Nuove Officine RumoriL’underground romano ha sempre riservato piacevoli sorprese. Sarà forse per quel suo rock appena biascicato, intriso di malinconia e di pudore. Una musica intima che colpisce tanto per i testi quanto per la musica. Nuove Officine Rumori non sono i pivellini usciti da qualche accademia, nascono nel 2006 e per chi si trastulla da anni alla ricerca di sonorità nuove ed originali, sicuramente non rappresentano un nome nuovo (vedasi Ateo Prego registrato come Newest Industry). Una bella conferma, matura e seria soprattutto. E nel 2007 vede luce il debutto con l’omonimo NuoveOfficineRumori cosparso da un velo di inatteso rock eclettico, una potenza sussurrata in riff acidi e fangosi, nel quale i ritmi sono blandi, lenti, in un inesorabile scalata interiore che versa tutti i malumori e le indecisioni di una vita in musica.

L’idea parte da Nazareno Curci e Alessandro Ceccopieri (soprattutto autore dei testi) come perni su cui ruota il volano musicale della band. Tuttavia non è una cosa esclusiva a due, anzi. Le Nuove Officine Rumori propongono un sound introspettivo e sinuoso nel quale le chitarre non sono mai altisonanti rispetto al resto (come ahimè capita nella maggior parte delle band), la batteria ha un suo stile lugubre, così come il basso che sorregge a meraviglia le trame chitarristiche di Daniele e Nazareno. La voce e le liriche ottengono lo spazio che meritano, addirittura in certi momenti del disco rubano tutta la scena alla musica, con stacchi che evocano un pathos sotterraneo che aleggia sopra le teste degli ascoltatori.

Serpenti è certamente la traccia più orecchiabile, nel quale si miscela un lieve post punk presto spazzato via da un pop-rock curato in ogni dettaglio, ove l’ugola di Claudenza Lanzirotti esprime meglio di ogni altro la tensione sublime del brano. Sospesa tra nubi di diversi strati, ad un attento ascolto si possono udire i diversi livelli delle sei corde: una base possente e granitica che eleva dei riff semplici ma che sanno lasciare il segno. Indefinito Presente ed Effimero Stabile sono di primo impatto in debito con gli Otto Ohm più sperimentali, tuttavia qui siamo in un altro pianeta concettuale. Un pianeta decisamente migliore, man mano che i minuti scorrono, nel quale si può apprezzare un rock acido senza compromessi.

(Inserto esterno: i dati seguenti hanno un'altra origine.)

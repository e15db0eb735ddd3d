-- ===== src/RouteCheck/Options.antt =====
-- The OPTIONS routes of a configuration with auto_options.
use kraken_d_operator.Base.{
  ℕ, suc, Option, none, some, Option-cases, List, [], ◌∷◌, ◌≡◌, ◌↔◌, ◌∙◌, sym, ap, refl, inl, inr,
  Any, Any-map, Bool-cases, map, if◌then◌else◌,
}
use kraken_d_operator.Base.Int.{pos_part}
use kraken_d_operator.Base.Maps.{
  lookup, lookup-insert, IsKeyed, insert-IsKeyed, lookup-entry, entry-lookup,
}
use kraken_d_operator.Base.Texts.{Text, text_eq, text_eq_iff, text_lt, text_key}
use kraken_d_operator.Route.Paths.{gin_path}
use kraken_d_operator.Route.Entries.Order.{sort_by-Any, Any-sort_by}
use kraken_d_operator.Route.Gin.{GinRoute}
use kraken_d_operator.RouteCheck.{
  ConfigEndpoint, insert_new, first_by_path, options_route, options_routes,
}

-- the position of the first endpoint with the path, counted from `i`
unfoldable pub first_index : Text → ℕ → List ConfigEndpoint → Option ℕ
first_index p i [] = none
first_index p i (ep ∷ eps) =
    let rest = first_index p (suc i) eps in
    if text_eq (gin_path ep.endpoint) p then some i else rest

abbrev or_else : Option ℕ → Option ℕ → Option ℕ
or_else none b = b
or_else (some a) b = some a

lookup-insert_new :
    (p q : Text) (i : ℕ) (first : List (Text × ℕ))
    → lookup p (insert_new q i first)
      ≡ or_else (lookup p first) (if text_eq q p then some i else none)
lookup-insert_new p q i first = elim (Option-cases (lookup q first)) [
  | inl new ↦
      rw (insert_new, new)
        (rw (lookup-insert q p i first) (elim (Bool-cases (text_eq q p)) [
          | inl same ↦
              let e = (text_eq_iff q p).0 same in
              let free : lookup p first ≡ none = rw e at new in rw (same, free) refl
          | inr other ↦ rw (other, or_else_none (lookup p first)) refl
        ]))
  | inr (j, there) ↦
      rw (insert_new, there)
        (elim (Bool-cases (text_eq q p)) [
          | inl same ↦
              let e = (text_eq_iff q p).0 same in
              let here : lookup p first ≡ some j = rw e at there in rw (same, here) refl
          | inr other ↦ rw (other, or_else_none (lookup p first)) refl
        ])
]
  where
    or_else_none : (a : Option ℕ) → or_else a none ≡ a
    or_else_none none = refl
    or_else_none (some a) = refl

or_else_assoc : (a b c : Option ℕ) → or_else (or_else a b) c ≡ or_else a (or_else b c)
or_else_assoc none b c = refl
or_else_assoc (some a) b c = refl

lookup-first_by_path :
    (p : Text) (i : ℕ) (eps : List ConfigEndpoint) (first : List (Text × ℕ))
    → lookup p (first_by_path i eps first) ≡ or_else (lookup p first) (first_index p i eps)
unfolding first_by_path first_index
lookup-first_by_path p i [] first = elim (Option-cases (lookup p first)) [
  | inl e ↦ rw e refl
  | inr (j, e) ↦ rw e refl
]
lookup-first_by_path p i (ep ∷ eps) first =
    let q = gin_path ep.endpoint in
    lookup-first_by_path p (suc i) eps (insert_new q i first)
    ∙ rw (lookup-insert_new p q i first) (
        or_else_assoc (lookup p first) (if text_eq q p then some i else none)
          (first_index p (suc i) eps)
        ∙ ap (or_else (lookup p first)) (elim (Bool-cases (text_eq q p)) [
          | inl same ↦ rw same refl
          | inr other ↦ rw other refl
        ]))

insert_new-IsKeyed :
    (p : Text) (i : ℕ) (first : List (Text × ℕ)) → IsKeyed first → IsKeyed (insert_new p i first)
insert_new-IsKeyed p i first h = elim (Option-cases (lookup p first)) [
  | inl new ↦ rw (insert_new, new) (insert-IsKeyed p i first h)
  | inr (j, there) ↦ rw (insert_new, there) h
]

first_by_path-IsKeyed :
    (i : ℕ) (eps : List ConfigEndpoint) (first : List (Text × ℕ))
    → IsKeyed first
    → IsKeyed (first_by_path i eps first)
unfolding first_by_path
first_by_path-IsKeyed i [] first h = h
first_by_path-IsKeyed i (ep ∷ eps) first h =
    first_by_path-IsKeyed (suc i) eps (insert_new (gin_path ep.endpoint) i first)
      (insert_new-IsKeyed (gin_path ep.endpoint) i first h)

Any-of_map :
    (P : GinRoute → Type 0) (xs : List (Text × ℕ))
    → Any P (map options_route xs)
    → Any (λ x. P (options_route x)) xs
Any-of_map P [] h = h
Any-of_map P (x ∷ xs) (inl p) = inl p
Any-of_map P (x ∷ xs) (inr h) = inr (Any-of_map P xs h)

map-Any :
    (P : GinRoute → Type 0) (xs : List (Text × ℕ))
    → Any (λ x. P (options_route x)) xs
    → Any P (map options_route xs)
map-Any P [] h = h
map-Any P (x ∷ xs) (inl p) = inl p
map-Any P (x ∷ xs) (inr h) = inr (map-Any P xs h)

-- Among the OPTIONS routes there is one of a path that points at an endpoint exactly when that
-- endpoint is the first with the path.
pub options_routes-first :
    (eps : List ConfigEndpoint) (p : Text) (i : ℕ)
    → Any (λ r. r ≡ options_route (p, i)) (options_routes eps) ↔ (first_index p 0 eps ≡ some i)
unfolding options_routes
options_routes-first eps p i =
    let first = first_by_path 0 eps [] in
    let found = lookup-first_by_path p 0 eps [] in
    (
      λ h.
          let a =
            Any-sort_by (λ a b. text_lt a.0 b.0) (λ x. options_route x ≡ options_route (p, i)) first
              (Any-of_map _ _ h) in
          let b : Any (λ x. x ≡ (p, i)) first =
            Any-map _ _ first
              (λ x e.
                let path : x.0 ≡ p = ap (λ (r : GinRoute). r.path) e in
                let index : x.1 ≡ i = ap (λ (r : GinRoute). pos_part r.index) e in
                λ j. (path j, index j))
              a in
          sym found ∙ lookup-entry p i first (first_by_path-IsKeyed 0 eps [] tt) b,
      λ e. map-Any _ _ (
          sort_by-Any (λ a b. text_lt a.0 b.0) _ first
            (Any-map _ _ first (λ x d. ap options_route d) (entry-lookup p i first (found ∙ e)))),
    )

Il valore musicale delle Nuove Officine Rumori lo si scorge dalla claustrofobica Flippernotte, degna di un film di Tarantino. L’intro strumentale è essenziale e richiama qualcosa agli Hüsker Dü notevolmente rallentati (erano pur sempre la band più veloce sulla Terra!). La voce di Claudenza accompagnata da Nazareno creano una calda atmosfera nella quale alla fine persino il sax trova la sua dimensione perfetta.
Penelope l’Alternativa chiude il disco con la scommessa più ambiziosa e coraggiosa (come del resto la pazzoide Tony), personalmente da premiare per le atmosfere vagamente orientali fuse da un estremo rock vitreo, cupo, ambasciatore delle influenze “wave” dei primissimi pionieri fine anni ’70, ancora confusi dal punk e da quello che dopo comparve.

Questo esordio NuoveOfficineRumori è solo l’antipasto per uno spettacolo molto più interessante: andate a vederli dal vivo, fidatevi! Mettete in preferiti la pagina myspace (con video annessi così capirete cosa intendo!) e se siete di Roma o dintorni non fatevi scappare l’occasione. Per la cronaca ora sono al lavoro per un demo o qualcosa di più … aria di novità in vista!
Una band interessante sopra la media, se le vostre esigenze sono alte allora l’ascolto delle 10 tracce di questo disco non vi deluderanno!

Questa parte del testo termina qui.